My sympathies go as well to my friends who have been complaining about the environmental and aesthetic degradations or depredations being wrought by the billboards. I know the Edsa highway does not offer the most pleasant view in the world (I laughed my head off many years ago when the people opposing the building of the overhead Metro Rail Transit argued that it was an aesthetic outrage to Edsa), but do we really need to uglify it for no other reason than to advertise clothes, or the lack of them?

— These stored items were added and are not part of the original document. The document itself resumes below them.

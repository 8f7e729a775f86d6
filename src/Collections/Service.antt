-- ===== src/Collections/Service.antt =====
-- pipeline/clipgauge_pipeline/collections/service.py: the collections of a job, kept in one JSON
-- file, and the operations on them.
use clipgauge.Common.{
  ℕ, String, Bool, true, false, ◌||◌, not, Option, none, some, List, [], ◌∷◌, ◌++◌, ltb, ◌==◌,
  ◌=s=◌, if◌then◌else◌, length, Result, ok, err, ◌>>=◌, map,
}
use clipgauge.Json.{Value, Fields, Items, get, as_object, is_num}
use clipgauge.Text.{is_blank, squash, strip, first_chars, char_count}
use clipgauge.Collections.{
  Printing, Refusal, Collection, title_limit, summary_limit, check_clips, validate_collection,
}

-- The file `collections.json`: absent, without JSON, or with a value.
pub data File : Type 0 where
  absent garbled : File
  holds : Value → File

abbrev pub collections_schema_version : ℕ
collections_schema_version = 1

abbrev pub id_items : List String → Items
id_items [] = Items.nil
id_items (s ∷ ss) = Items.cons (Value.str s) (id_items ss)

-- A collection as a `dict`, in the order of `validate_collection`.
abbrev pub to_value : Collection → Value
to_value c = Value.obj (
    Fields.field "id" (Value.str c.id) (
      Fields.field "title" (Value.str c.title) (
        Fields.field "clip_ids" (Value.arr (id_items c.clip_ids)) (
          Fields.field "source" (Value.str c.source) (
            Fields.field "user_edited" (Value.bool c.user_edited) (
              Fields.field "summary" (Value.str c.summary)
                (Fields.field "render_path" c.render_path Fields.end)))))))

abbrev pub row_items : List Collection → Items
row_items [] = Items.nil
row_items (c ∷ cs) = Items.cons (to_value c) (row_items cs)

abbrev pub document : String → List Collection → Value
document job rows = Value.obj (
    Fields.field "schema_version" (Value.num collections_schema_version) (
      Fields.field "job_id" (Value.str job)
        (Fields.field "collections" (Value.arr (row_items rows)) Fields.end)))

-- `_normalize_title`
unfoldable pub normalize_title : String → Result Refusal String
unfolding squash
normalize_title title =
    let normalized = squash title in
    if is_blank normalized
    then err Refusal.blank_title
    else if ltb title_limit (char_count normalized)
    then err Refusal.long_title
    else ok normalized

-- `_validate_requested_clip_ids`
unfoldable pub requested_clips : List String → List String → Result Refusal (List String)
unfolding check_clips
requested_clips valid ids = check_clips true valid (map strip ids)

abbrev pub cons_ok :
    Result Refusal Collection → Result Refusal (List Collection) → Result Refusal (List Collection)
cons_ok c rest = c >>= λ a. rest >>= λ as'. ok (a ∷ as')

-- The old layout has the collections one level down, under `data`.
abbrev has_rows : Fields → Bool
has_rows fs = elim (get fs "collections") [ none ↦ false | some v ↦ true ]

abbrev pub inner : Fields → Option Fields → Fields
inner fs none = fs
inner fs (some d) = if has_rows d then d else fs

abbrev pub set_path : String → String → Collection → Collection
set_path id path c = if c.id =s= id then record c { render_path = Value.str path } else c

abbrev pub is_listed : String → List Collection → Bool
is_listed id [] = false
is_listed id (c ∷ cs) = c.id =s= id || is_listed id cs

abbrev pub drop_row : String → List Collection → List Collection
drop_row id [] = []
drop_row id (c ∷ cs) = let rest = drop_row id cs in if c.id =s= id then rest else c ∷ rest

-- The collections that a change has stored, beside the file.
pub record Saved : Type 0 where
  pub file : File
  pub rows : List Collection

-- The item has no path yet, for which `validate_collection` has null.
abbrev pub new_item : String → String → List String → String → String → Collection
new_item id title clips source summary = record {
  id = id;
  title = title;
  clip_ids = clips;
  source = source;
  user_edited = source =s= "manual";
  summary = first_chars summary_limit (squash summary);
  render_path = Value.null;
}

abbrev pub if_listed : Bool → Result Refusal Saved → Result Refusal Saved
if_listed found saved = if found then saved else err Refusal.not_found

abbrev pub is_source : String → Bool
is_source s = s =s= "manual" || s =s= "ai" || s =s= "deterministic"

abbrev pub asks_nothing : Option String → Option (List String) → Bool
asks_nothing none none = true
asks_nothing _ _ = false

-- `valid` are the identifiers of the job's clips, of which `_valid_ids` makes one for each.
module _ (py : Printing) (job : String) (valid : List String) where
  abbrev pub validate_items : Items → Result Refusal (List Collection)
  validate_items Items.nil = ok []
  validate_items (Items.cons v vs) =
      cons_ok (validate_collection py valid false v) (validate_items vs)

  abbrev pub load_rows : Option Value → Result Refusal (List Collection)
  load_rows (some (Value.arr items)) = validate_items items
  load_rows _ = err Refusal.malformed

  abbrev pub load_fields : Option Fields → Result Refusal (List Collection)
  load_fields none = err Refusal.unsupported
  load_fields (some fs) =
      let body = inner fs (as_object (get fs "data")) in
      if is_num (get body "schema_version") collections_schema_version
      then load_rows (get body "collections")
      else err Refusal.unsupported

  -- `_load`, of which only the rows are used
  unfoldable pub load : File → Result Refusal (List Collection)
  unfolding validate_collection
  load File.absent = ok []
  load File.garbled = err Refusal.unreadable
  load (File.holds v) = load_fields (as_object (some v))

  -- `_save`: what is returned is what the file then holds.
  unfoldable pub save : List Collection → Result Refusal Saved
  unfolding validate_collection
  save rows = validate_items (row_items rows) >>= λ normalized.
      ok (record { file = File.holds (document job normalized); rows = normalized })

  unfoldable pub list_collections : File → Result Refusal (List Collection)
  unfolding load
  list_collections file = load file

  unfoldable pub set_collection_render_path : File → String → String → Result Refusal Saved
  unfolding load save
  set_collection_render_path file id path =
      load file >>= λ rows. if_listed (is_listed id rows) (save (map (set_path id path) rows))

  -- `id` is the fresh identifier.
  unfoldable pub create_collection :
      File → String → String → List String → String → String → Result Refusal Saved
  unfolding load save requested_clips normalize_title
  create_collection file id title ids source summary = requested_clips valid ids >>= λ clips.
      normalize_title title >>= λ name.
      if not (is_source source)
      then err Refusal.bad_source
      else load file >>= λ rows. save (rows ++ new_item id name clips source summary ∷ [])

  abbrev pub new_title : Option String → Collection → Result Refusal Collection
  new_title none c = ok c
  new_title (some t) c = normalize_title t >>= λ name. ok (record c { title = name })

  abbrev pub new_clips : Option (List String) → Collection → Result Refusal Collection
  new_clips none c = ok c
  new_clips (some ids) c = requested_clips valid ids >>= λ clips. ok (record c { clip_ids = clips })

  abbrev pub change_row :
      Option String → Option (List String) → Collection → Result Refusal Collection
  change_row title ids c = new_title title c >>= λ titled. new_clips ids titled >>= λ changed.
      ok (record changed { user_edited = true; source = "manual" })

  abbrev pub change_rows :
      String
      → Option String
      → Option (List String)
      → List Collection
      → Result Refusal (List Collection)
  change_rows id title ids [] = ok []
  change_rows id title ids (c ∷ cs) =
      cons_ok (if c.id =s= id then change_row title ids c else ok c) (change_rows id title ids cs)

  unfoldable pub update_collection :
      File → String → Option String → Option (List String) → Result Refusal Saved
  unfolding load save requested_clips normalize_title
  update_collection file id title ids = load file >>= λ rows.
      if asks_nothing title ids
      then err Refusal.nothing_to_update
      else change_rows id title ids rows >>= λ changed. if_listed (is_listed id rows) (save changed)

  unfoldable pub reorder_collection : File → String → List String → Result Refusal Saved
  unfolding update_collection
  reorder_collection file id ids = update_collection file id none (some ids)

  unfoldable pub delete_collection : File → String → Result Refusal Saved
  unfolding load save
  delete_collection file id = load file >>= λ rows.
      let kept = drop_row id rows in
      if length kept == length rows then err Refusal.not_found else save kept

As to the environment, well, I’ll go along with Pareng Ogden. Perhaps unless the billboards fall, I’ll never see a tree at all.
* * *
I saw it in the twilight years of Ferdinand Marcos’ rule: Quezon Avenue teeming with ladies of the night at night, and indeed at one point, in the daytime. I see it again today. Past midnight, in particular, the place starts accumulating women and men in drag who vigorously hail cars the way commuters hail cabs in furious rain. It used to be that they were just content to wait for the desperate to stop by them.
Sign of the times. The last years of martial law also saw resolute efforts to hide reality with billboards, metaphorical and literal, the regime saying life had never been better. A thing even more resolutely refuted by those who braved rain, cops and shady characters, the last two often being one and the same, selling body to keep body and soul together. Roxanne sounds romantic only in song, not in real life. You can’t get a more vivid, if poignant, indicator of today’s quality of life than the sudden increase of late of the tribe of fallen Eves on the streets. Street life, street death.
Shortly after Quezon Avenue became that in the twilight years of Marcos’ rule, the sun set on Marcos’ rule. Truly, sign of the times.